[Collected data]
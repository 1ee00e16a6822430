-- ===== src/Examples/Queries.antt =====
-- The theorems on queries at a small node and a short list of matches.
use agent_desktop.NodeQuery.Limits.{
  validate_query, validate_clause, validate_fields, validate_query-compile_clauses,
}
use agent_desktop.NodeQuery.{
  validate_states, TreeQuery, clause, nested, no_query, node_matches, identity_matches,
  has_text_matches, subtree_has_text, text_matches, text_field_matches, role_matches,
  native_id_matches, state_predicates_match, own_text_matches,
}
use agent_desktop.Roles.{is_valid_role_query, role_query_alias, normalize_role_query}
use agent_desktop.Role.{is_canonical, as_str, from_token}
use agent_desktop.Text.{text_eq, len, trim, to_ascii_lowercase, contains_text, Text, codes}
use agent_desktop.Prelude.{
  length, ◌≤◌, List, [], false, inl, inr, none, ok, refl, some, true, ℕ, ◌↔◌, ◌∷◌, ◌≡◌, Option,
}
use agent_desktop.NodeQuery.Clauses.{IsCompiled, compile_clauses, compile_clauses-IsCompiled}
use agent_desktop.SearchText.{normalize, normalize_from, contains, is_bidirectional_control}
use agent_desktop.Capability.{has_state}
use agent_desktop.NodeQuery.Descendants.{matches, node_matches-matches}
use agent_desktop.Tree.{AccessibilityNode, NodeData, cons, nil, node}
use agent_desktop.Identifiers.{IdentifierEvidence}
use agent_desktop.RefEntry.{unknown_kind}
use agent_desktop.Locator.{
  LocatorEvidence, LocatorField, LocatorIdentifierStats, LocatorQuery, absent, known, self_verdict,
  unread,
}
use agent_desktop.Locator.Monotone.{Completes, Refines, self_verdict-Refines}
use agent_desktop.Locator.Resolution.{all_matches, require_unique, selected_indices, take_matches}
use agent_desktop.Locator.Resolution.Unique.{
  require_unique_iff, selected_indices_untruncated, strict_resolution,
}

abbrev keep_case : ℕ → Text
keep_case c = c ∷ []

abbrev one_identifier : IdentifierEvidence
one_identifier = record {
  identifiers = record { kind = unknown_kind; value = codes "save-button" } ∷ [];
  preferred = some 0;
  complete = true;
  retained_object = none;
}

-- A node whose name was not read, and the same node with its name.
abbrev named_as : LocatorField Text → LocatorEvidence
named_as name = record {
  role = known (codes "button");
  name = name;
  description = absent;
  value = absent;
  identifiers = one_identifier;
  states = known [];
}

abbrev before : LocatorEvidence
before = named_as unread

abbrev after : LocatorEvidence
after = named_as (known (codes "Save"))

before-Completes : Completes before after
before-Completes = record {
  role = inr refl;
  name = inl refl;
  description = inr refl;
  value = inr refl;
  identifiers = record { finished = λ c. refl; extended = λ t h. h };
  states = inr refl;
}

abbrev save_query : LocatorQuery
save_query = record {
  identity = record {
    role = some (codes "button");
    name = some (codes "save");
    description = none;
    native_id = none;
    value = none;
  };
  has_text = none;
  exact = false;
  states = [];
}

abbrev no_stats : LocatorIdentifierStats
no_stats = record { preferred_matches = 0; fallback_matches = 0 }

self_verdict-Refines_example :
    Refines
      (self_verdict keep_case save_query before no_stats).0
      (self_verdict keep_case save_query after no_stats).0
self_verdict-Refines_example =
    self_verdict-Refines keep_case save_query before after no_stats no_stats before-Completes

abbrev three_matches : List ℕ
three_matches = 4 ∷ 7 ∷ 9 ∷ []

selected_indices_untruncated_example :
    (selected_indices three_matches (all_matches (some 5))).0 ≡ three_matches
unfolding selected_indices take_matches
selected_indices_untruncated_example =
    selected_indices_untruncated three_matches (all_matches (some 5)) refl refl

require_unique_iff_example :
    (require_unique (strict_resolution three_matches true) ≡ ok 4)
    ↔ ((true ≡ true) × (three_matches ≡ 4 ∷ []))
require_unique_iff_example = require_unique_iff three_matches true 4

abbrev by_role : Text → Option Text → LocatorQuery
by_role role text = record {
  identity = record {
    role = some role;
    name = none;
    description = none;
    native_id = none;
    value = none;
  };
  has_text = text;
  exact = false;
  states = [];
}

-- A window with the text "save", with a button and without a dialog.
abbrev window_query : TreeQuery
window_query =
    clause (by_role (codes "window") (some (codes "save")))
      (nested (clause (by_role (codes "button") none) no_query no_query))
      (nested (clause (by_role (codes "dialog") none) no_query no_query))

abbrev shown : Text → Text → NodeData
shown role name = record {
  ref_id = none;
  role = role;
  identity = record {
    retained_object = none;
    name = some name;
    value = none;
    description = none;
    native_id = none;
  };
  presentation = record { hint = none; states = []; available_actions = []; bounds = none };
  children_count = none;
  subtree_truncated = false;
}

abbrev editor_tree : AccessibilityNode
editor_tree = node (shown (codes "window") (codes "Editor")) (
    cons
      (node (shown (codes "group") (codes "Tools"))
        (cons (node (shown (codes "button") (codes "Save")) nil) nil))
      nil)

editor_matches : node_matches (λ c. []) window_query editor_tree ≡ true
unfolding node_matches identity_matches has_text_matches subtree_has_text normalize text_eq
    text_matches text_field_matches role_matches native_id_matches state_predicates_match
    normalize_role_query own_text_matches contains normalize_from has_state as_str role_query_alias
    from_token contains_text is_bidirectional_control
editor_matches = refl

node_matches-matches_example :
    node_matches (λ c. []) window_query editor_tree ≡ matches (λ c. []) window_query editor_tree
node_matches-matches_example = node_matches-matches (λ c. []) window_query editor_tree

compiled_last : (compile_clauses window_query []).0 ≡ 2
unfolding compile_clauses
compiled_last = refl

compile_clauses-IsCompiled_example :
    IsCompiled [] window_query
      (compile_clauses window_query []).0
      (compile_clauses window_query []).1
compile_clauses-IsCompiled_example = compile_clauses-IsCompiled window_query []

window_query_accepted : validate_query window_query ≡ ok tt
unfolding validate_query validate_clause validate_fields validate_states is_valid_role_query text_eq
    role_query_alias contains_text is_canonical trim to_ascii_lowercase len
window_query_accepted = refl

validate_query-compile_clauses_example : length (compile_clauses window_query []).1 ≤ 64
validate_query-compile_clauses_example =
    validate_query-compile_clauses window_query window_query_accepted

*WHAT IS REQUIRED:*
Output the number of lines above holding the word "LocatorQuery", and nothing besides it.

*THE ANSWER:*
3